E-learning MBA Master Degree online from distance

  • Probability, Statistics and the Time Value of Money

    TEACHER: Hello, Student. Tell me, please... are there many possible future events you can clearly foresee?

    STUDENT: There are a few, but I’d rather not think about them!

    TEACHER: You are a wise person. I assume what you have in mind is the old saying: "the only events surely to happen in life are death and taxes." And I don’t want to think about those either.

    But in fact, uncertainty is the most prevalent condition in life. No matter which type of decision me must make, we are really almost never sure of the outcome.

    STUDENT: I know. I recall your mentioning before that "forecasting is difficult, and forecasting the future is impossible!" A joke, of course.

    TEACHER: A joke with some element of truth.
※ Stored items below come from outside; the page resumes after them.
-- ===== src/Utterances/Counts.antt =====
-- client.go: what the register of utterances counts.
use text.Mathlib.TextEquality.{eq_iff}
use thalovant_go_sdk.Prelude.{
  ℕ, suc, ◌+◌, ◌-◌, ◌≤◌, ◌<◌, Bool, true, false, List, [], ◌∷◌, ◌++◌, ◌≡◌, refl, ap, ◌∙◌, ltb,
  length, length-append, length-drop, drop, zero, Bool-cases, inl, inr, arith,
}
use thalovant_go_sdk.Utterances.{
  ReplyCorrelation, Register, untracked_utterance_grace, same_kind, is_active, delete_key,
  reserve_reply_id, release_reply_id, recent, newest, prune_untracked_sends, record_untracked_send,
  count, utterances_in_flight,
}

delete_key_free :
    (ls : List ReplyCorrelation) (k : ReplyCorrelation)
    → is_active ls k ≡ false
    → delete_key ls k ≡ ls
unfolding is_active delete_key
delete_key_free [] k h = refl
delete_key_free (l ∷ ls) k h = ground (arith, delete_key_free ls k)

same_kind_refl : (b : Bool) → same_kind b b ≡ true
same_kind_refl true = refl
same_kind_refl false = refl

-- An ask or a query whose id is free reserves it and is counted once more, as what it is; when it
-- gives the id back, the register is what it was.
pub release_reply_id-reserve_reply_id :
    (k : ReplyCorrelation) (r : Register)
    → is_active r.reply_ids k ≡ false
    → ((reserve_reply_id k r).1 ≡ true)
      × (count k.query (reserve_reply_id k r).0.reply_ids ≡ suc (count k.query r.reply_ids))
      × (release_reply_id k (reserve_reply_id k r).0 ≡ r)
unfolding reserve_reply_id release_reply_id count delete_key
release_reply_id-reserve_reply_id k r h =
    ground (arith, delete_key_free r.reply_ids k h, same_kind_refl k.query, eq_iff k.id k.id)

length-newest :
    (kept : List ℕ) → (length (newest kept) ≤ 1024) × (0 < length kept → 0 < length (newest kept))
unfolding newest
length-newest kept = ground (arith, length-drop (length kept - 1024) kept)

recent-append :
    (now t : ℕ) (ss : List ℕ)
    → now < t + untracked_utterance_grace
    → recent now (ss ++ (t ∷ [])) ≡ recent now ss ++ (t ∷ [])
unfolding recent
recent-append now t [] h = ground arith
recent-append now t (s ∷ ss) h = ground (arith, recent-append now t ss h)

drop-append-one :
    (n : ℕ) (ys : List ℕ) (t : ℕ) → n ≤ length ys → drop n (ys ++ (t ∷ [])) ≡ drop n ys ++ (t ∷ [])
drop-append-one zero ys t h = refl
drop-append-one (suc n) [] t h = absurd (omega arith)
drop-append-one (suc n) (y ∷ ys) t h = drop-append-one n ys t (omega arith)

-- The newest send is never dropped for the cap.
newest-append : (ys : List ℕ) (t : ℕ) → (zs : List ℕ) × (newest (ys ++ (t ∷ [])) ≡ zs ++ (t ∷ []))
unfolding newest
newest-append ys t = elim (Bool-cases (ltb 1024 (length (ys ++ (t ∷ []))))) [
  | inr few ↦ (ys, rw few refl)
  | inl many ↦
      let n = length (ys ++ (t ∷ [])) - 1024 in
      (drop n ys, rw many (drop-append-one n ys t (omega (arith, length-append ys (t ∷ [])))))
]

-- A fire-and-forget utterance sent at `t` is counted as in flight for the whole of its grace, when
-- nothing else is recorded meanwhile; and never more than 1024 are counted.
pub utterances_in_flight_sends :
    (t now : ℕ) (r : Register)
    → now < t + untracked_utterance_grace
    → (1 ≤ (utterances_in_flight now (record_untracked_send t r)).1.sends)
      × ((utterances_in_flight now (record_untracked_send t r)).1.sends ≤ 1024)
unfolding utterances_in_flight prune_untracked_sends record_untracked_send
utterances_in_flight_sends t now r h =
    let first = recent-append t t r.untracked_sends (omega arith) in
    let (zs, e) = newest-append (recent t r.untracked_sends) t in
    let kept = ap newest first ∙ e in
    let shown = ap (recent now) kept ∙ recent-append now t zs h in
    let size = length-append (recent now zs) (t ∷ []) in
    let (most, some_left) =
      length-newest (recent now (newest (recent t (r.untracked_sends ++ (t ∷ []))))) in
    (some_left (ground (arith, shown, size)), most)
Well, although in most cases it is impossible to be completely sure of what will happen if we make a given decision, it is possible to estimate the likeliness of a certain outcome. What we can do is estimate the probability of future events to happen.

    STUDENT: What is the exact definition of "probability"?

    TEACHER: Probability is the chance that something will happen. To determine the probability of something occurring, the first thing we have to do is collecting data and organize them: this process is called statistics.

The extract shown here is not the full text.